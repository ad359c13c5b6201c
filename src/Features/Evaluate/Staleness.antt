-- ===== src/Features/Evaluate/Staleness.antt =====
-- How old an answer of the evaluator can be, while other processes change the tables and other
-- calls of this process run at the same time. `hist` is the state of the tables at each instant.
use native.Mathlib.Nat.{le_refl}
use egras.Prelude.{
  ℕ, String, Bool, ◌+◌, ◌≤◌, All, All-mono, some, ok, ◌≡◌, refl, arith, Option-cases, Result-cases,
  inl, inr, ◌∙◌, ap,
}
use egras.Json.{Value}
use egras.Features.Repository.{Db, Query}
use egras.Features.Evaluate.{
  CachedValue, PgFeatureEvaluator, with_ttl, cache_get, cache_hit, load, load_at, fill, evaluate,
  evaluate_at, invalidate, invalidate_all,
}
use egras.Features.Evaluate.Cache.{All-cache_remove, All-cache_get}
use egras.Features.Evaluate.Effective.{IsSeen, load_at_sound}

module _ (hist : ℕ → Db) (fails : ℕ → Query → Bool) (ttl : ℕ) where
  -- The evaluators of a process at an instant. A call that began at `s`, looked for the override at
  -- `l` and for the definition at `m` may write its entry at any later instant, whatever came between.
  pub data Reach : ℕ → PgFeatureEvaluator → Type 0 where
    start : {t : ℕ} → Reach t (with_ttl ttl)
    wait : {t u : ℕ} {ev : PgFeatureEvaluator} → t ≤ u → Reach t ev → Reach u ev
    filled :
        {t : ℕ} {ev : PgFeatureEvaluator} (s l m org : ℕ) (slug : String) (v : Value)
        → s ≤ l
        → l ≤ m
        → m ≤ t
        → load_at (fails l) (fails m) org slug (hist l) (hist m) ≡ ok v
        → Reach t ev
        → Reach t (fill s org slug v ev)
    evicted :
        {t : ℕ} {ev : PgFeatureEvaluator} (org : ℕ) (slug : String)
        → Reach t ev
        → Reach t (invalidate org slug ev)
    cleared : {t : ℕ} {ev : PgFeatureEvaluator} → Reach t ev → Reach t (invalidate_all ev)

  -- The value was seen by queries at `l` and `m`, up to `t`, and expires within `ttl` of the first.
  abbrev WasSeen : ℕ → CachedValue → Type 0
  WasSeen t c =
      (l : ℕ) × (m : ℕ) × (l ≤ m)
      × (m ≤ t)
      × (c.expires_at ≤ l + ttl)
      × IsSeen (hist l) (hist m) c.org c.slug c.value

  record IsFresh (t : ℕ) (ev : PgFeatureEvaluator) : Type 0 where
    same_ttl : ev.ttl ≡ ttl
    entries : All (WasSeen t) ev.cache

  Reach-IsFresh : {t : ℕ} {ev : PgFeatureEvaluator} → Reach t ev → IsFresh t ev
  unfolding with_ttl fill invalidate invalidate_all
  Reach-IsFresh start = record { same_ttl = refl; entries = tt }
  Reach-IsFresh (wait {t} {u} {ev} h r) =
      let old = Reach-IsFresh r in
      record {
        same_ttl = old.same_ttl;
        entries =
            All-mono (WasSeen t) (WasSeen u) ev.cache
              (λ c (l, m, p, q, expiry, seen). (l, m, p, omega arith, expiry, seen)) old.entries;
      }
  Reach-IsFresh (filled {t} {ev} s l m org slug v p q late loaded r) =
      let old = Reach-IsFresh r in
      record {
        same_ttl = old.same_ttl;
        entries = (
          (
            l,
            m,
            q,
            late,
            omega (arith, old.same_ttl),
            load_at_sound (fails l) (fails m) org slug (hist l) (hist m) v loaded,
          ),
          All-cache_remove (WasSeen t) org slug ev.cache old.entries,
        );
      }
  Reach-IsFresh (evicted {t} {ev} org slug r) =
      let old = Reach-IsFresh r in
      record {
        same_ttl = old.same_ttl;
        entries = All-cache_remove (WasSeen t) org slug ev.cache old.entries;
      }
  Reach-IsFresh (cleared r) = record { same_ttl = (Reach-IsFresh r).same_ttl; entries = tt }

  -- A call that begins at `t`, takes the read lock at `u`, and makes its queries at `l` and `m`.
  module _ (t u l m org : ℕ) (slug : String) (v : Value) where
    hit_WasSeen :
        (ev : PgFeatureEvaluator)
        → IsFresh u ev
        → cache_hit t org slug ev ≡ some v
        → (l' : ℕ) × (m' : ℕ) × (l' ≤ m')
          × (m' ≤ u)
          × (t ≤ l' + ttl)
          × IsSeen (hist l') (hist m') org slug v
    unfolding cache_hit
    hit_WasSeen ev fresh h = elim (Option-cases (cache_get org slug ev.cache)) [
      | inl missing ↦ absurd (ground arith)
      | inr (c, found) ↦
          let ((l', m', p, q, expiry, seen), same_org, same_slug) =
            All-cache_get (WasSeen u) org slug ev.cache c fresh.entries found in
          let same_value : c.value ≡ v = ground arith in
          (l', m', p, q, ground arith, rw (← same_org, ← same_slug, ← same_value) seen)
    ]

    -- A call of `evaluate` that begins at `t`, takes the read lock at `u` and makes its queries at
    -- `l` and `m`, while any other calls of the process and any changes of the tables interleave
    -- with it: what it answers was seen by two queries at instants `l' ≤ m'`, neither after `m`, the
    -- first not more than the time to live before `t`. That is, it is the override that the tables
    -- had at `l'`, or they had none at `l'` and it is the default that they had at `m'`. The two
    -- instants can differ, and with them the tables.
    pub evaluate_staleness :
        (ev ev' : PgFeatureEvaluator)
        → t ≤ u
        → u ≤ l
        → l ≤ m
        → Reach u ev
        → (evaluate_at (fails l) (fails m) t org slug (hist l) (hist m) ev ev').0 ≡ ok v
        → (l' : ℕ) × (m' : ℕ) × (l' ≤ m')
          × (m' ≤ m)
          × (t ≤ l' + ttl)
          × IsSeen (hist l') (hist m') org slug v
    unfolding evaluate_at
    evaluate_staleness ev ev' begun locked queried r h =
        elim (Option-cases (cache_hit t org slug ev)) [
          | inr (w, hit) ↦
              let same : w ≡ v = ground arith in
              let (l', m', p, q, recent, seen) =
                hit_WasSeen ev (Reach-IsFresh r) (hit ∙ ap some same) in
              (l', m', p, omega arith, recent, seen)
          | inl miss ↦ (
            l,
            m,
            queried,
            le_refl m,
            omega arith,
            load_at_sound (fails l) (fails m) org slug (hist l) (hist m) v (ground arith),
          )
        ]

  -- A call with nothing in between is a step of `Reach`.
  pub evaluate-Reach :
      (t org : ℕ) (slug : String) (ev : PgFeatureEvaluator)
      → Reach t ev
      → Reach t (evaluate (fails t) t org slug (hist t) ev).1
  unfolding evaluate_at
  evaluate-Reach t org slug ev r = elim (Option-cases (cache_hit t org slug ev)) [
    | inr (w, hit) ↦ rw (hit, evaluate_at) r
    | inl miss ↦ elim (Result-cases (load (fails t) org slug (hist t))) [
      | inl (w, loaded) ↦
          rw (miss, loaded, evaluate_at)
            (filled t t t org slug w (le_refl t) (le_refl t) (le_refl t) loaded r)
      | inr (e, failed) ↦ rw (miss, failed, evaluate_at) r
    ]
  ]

## WHAT IS NEEDED
Extract every record and return it verbatim.

## WRITTEN RESPONSE
repository ad359c13c5b6201c
filename src/Features/Evaluate/Staleness.antt
-- ===== src/Features/Evaluate/Staleness.antt =====
-- How old an answer of the evaluator can be, while other processes change the tables and other
-- calls of this process run at the same time. `hist` is the state of the tables at each instant.
use native.Mathlib.Nat.{le_refl}
use egras.Prelude.{
  ℕ, String, Bool, ◌+◌, ◌≤◌, All, All-mono, some, ok, ◌≡◌, refl, arith, Option-cases, Result-cases,
  inl, inr, ◌∙◌, ap,
}
use egras.Json.{Value}
use egras.Features.Repository.{Db, Query}
use egras.Features.Evaluate.{
  CachedValue, PgFeatureEvaluator, with_ttl, cache_get, cache_hit, load, load_at, fill, evaluate,
  evaluate_at, invalidate, invalidate_all,
}
use egras.Features.Evaluate.Cache.{All-cache_remove, All-cache_get}
use egras.Features.Evaluate.Effective.{IsSeen, load_at_sound}

module _ (hist : ℕ → Db) (fails : ℕ → Query → Bool) (ttl : ℕ) where
  -- The evaluators of a process at an instant. A call that began at `s`, looked for the override at
  -- `l` and for the definition at `m` may write its entry at any later instant, whatever came between.
  pub data Reach : ℕ → PgFeatureEvaluator → Type 0 where
    start : {t : ℕ} → Reach t (with_ttl ttl)
    wait : {t u : ℕ} {ev : PgFeatureEvaluator} → t ≤ u → Reach t ev → Reach u ev
    filled :
        {t : ℕ} {ev : PgFeatureEvaluator} (s l m org : ℕ) (slug : String) (v : Value)
        → s ≤ l
        → l ≤ m
        → m ≤ t
        → load_at (fails l) (fails m) org slug (hist l) (hist m) ≡ ok v
        → Reach t ev
        → Reach t (fill s org slug v ev)
    evicted :
        {t : ℕ} {ev : PgFeatureEvaluator} (org : ℕ) (slug : String)
        → Reach t ev
        → Reach t (invalidate org slug ev)
    cleared : {t : ℕ} {ev : PgFeatureEvaluator} → Reach t ev → Reach t (invalidate_all ev)

  -- The value was seen by queries at `l` and `m`, up to `t`, and expires within `ttl` of the first.
  abbrev WasSeen : ℕ → CachedValue → Type 0
  WasSeen t c =
      (l : ℕ) × (m : ℕ) × (l ≤ m)
      × (m ≤ t)
      × (c.expires_at ≤ l + ttl)
      × IsSeen (hist l) (hist m) c.org c.slug c.value

  record IsFresh (t : ℕ) (ev : PgFeatureEvaluator) : Type 0 where
    same_ttl : ev.ttl ≡ ttl
    entries : All (WasSeen t) ev.cache

  Reach-IsFresh : {t : ℕ} {ev : PgFeatureEvaluator} → Reach t ev → IsFresh t ev
  unfolding with_ttl fill invalidate invalidate_all
  Reach-IsFresh start = record { same_ttl = refl; entries = tt }
  Reach-IsFresh (wait {t} {u} {ev} h r) =
      let old = Reach-IsFresh r in
      record {
        same_ttl = old.same_ttl;
        entries =
            All-mono (WasSeen t) (WasSeen u) ev.cache
              (λ c (l, m, p, q, expiry, seen). (l, m, p, omega arith, expiry, seen)) old.entries;
      }
  Reach-IsFresh (filled {t} {ev} s l m org slug v p q late loaded r) =
      let old = Reach-IsFresh r in
      record {
        same_ttl = old.same_ttl;
        entries = (
          (
            l,
            m,
            q,
            late,
            omega (arith, old.same_ttl),
            load_at_sound (fails l) (fails m) org slug (hist l) (hist m) v loaded,
          ),
          All-cache_remove (WasSeen t) org slug ev.cache old.entries,
        );
      }
  Reach-IsFresh (evicted {t} {ev} org slug r) =
      let old = Reach-IsFresh r in
      record {
        same_ttl = old.same_ttl;
        entries = All-cache_remove (WasSeen t) org slug ev.cache old.entries;
      }
  Reach-IsFresh (cleared r) = record { same_ttl = (Reach-IsFresh r).same_ttl; entries = tt }

  -- A call that begins at `t`, takes the read lock at `u`, and makes its queries at `l` and `m`.
  module _ (t u l m org : ℕ) (slug : String) (v : Value) where
    hit_WasSeen :
        (ev : PgFeatureEvaluator)
        → IsFresh u ev
        → cache_hit t org slug ev ≡ some v
        → (l' : ℕ) × (m' : ℕ) × (l' ≤ m')
          × (m' ≤ u)
          × (t ≤ l' + ttl)
          × IsSeen (hist l') (hist m') org slug v
    unfolding cache_hit
    hit_WasSeen ev fresh h = elim (Option-cases (cache_get org slug ev.cache)) [
      | inl missing ↦ absurd (ground arith)
      | inr (c, found) ↦
          let ((l', m', p, q, expiry, seen), same_org, same_slug) =
            All-cache_get (WasSeen u) org slug ev.cache c fresh.entries found in
          let same_value : c.value ≡ v = ground arith in
          (l', m', p, q, ground arith, rw (← same_org, ← same_slug, ← same_value) seen)
    ]

    -- A call of `evaluate` that begins at `t`, takes the read lock at `u` and makes its queries at
    -- `l` and `m`, while any other calls of the process and any changes of the tables interleave
    -- with it: what it answers was seen by two queries at instants `l' ≤ m'`, neither after `m`, the
    -- first not more than the time to live before `t`. That is, it is the override that the tables
    -- had at `l'`, or they had none at `l'` and it is the default that they had at `m'`. The two
    -- instants can differ, and with them the tables.
    pub evaluate_staleness :
        (ev ev' : PgFeatureEvaluator)
        → t ≤ u
        → u ≤ l
        → l ≤ m
        → Reach u ev
        → (evaluate_at (fails l) (fails m) t org slug (hist l) (hist m) ev ev').0 ≡ ok v
        → (l' : ℕ) × (m' : ℕ) × (l' ≤ m')
          × (m' ≤ m)
          × (t ≤ l' + ttl)
          × IsSeen (hist l') (hist m') org slug v
    unfolding evaluate_at
    evaluate_staleness ev ev' begun locked queried r h =
        elim (Option-cases (cache_hit t org slug ev)) [
          | inr (w, hit) ↦
              let same : w ≡ v = ground arith in
              let (l', m', p, q, recent, seen) =
                hit_WasSeen ev (Reach-IsFresh r) (hit ∙ ap some same) in
              (l', m', p, omega arith, recent, seen)
          | inl miss ↦ (
            l,
            m,
            queried,
            le_refl m,
            omega arith,
            load_at_sound (fails l) (fails m) org slug (hist l) (hist m) v (ground arith),
          )
        ]

  -- A call with nothing in between is a step of `Reach`.
  pub evaluate-Reach :
      (t org : ℕ) (slug : String) (ev : PgFeatureEvaluator)
      → Reach t ev
      → Reach t (evaluate (fails t) t org slug (hist t) ev).1
  unfolding evaluate_at
  evaluate-Reach t org slug ev r = elim (Option-cases (cache_hit t org slug ev)) [
    | inr (w, hit) ↦ rw (hit, evaluate_at) r
    | inl miss ↦ elim (Result-cases (load (fails t) org slug (hist t))) [
      | inl (w, loaded) ↦
          rw (miss, loaded, evaluate_at)
            (filled t t t org slug w (le_refl t) (le_refl t) (le_refl t) loaded r)
      | inr (e, failed) ↦ rw (miss, failed, evaluate_at) r
    ]
  ]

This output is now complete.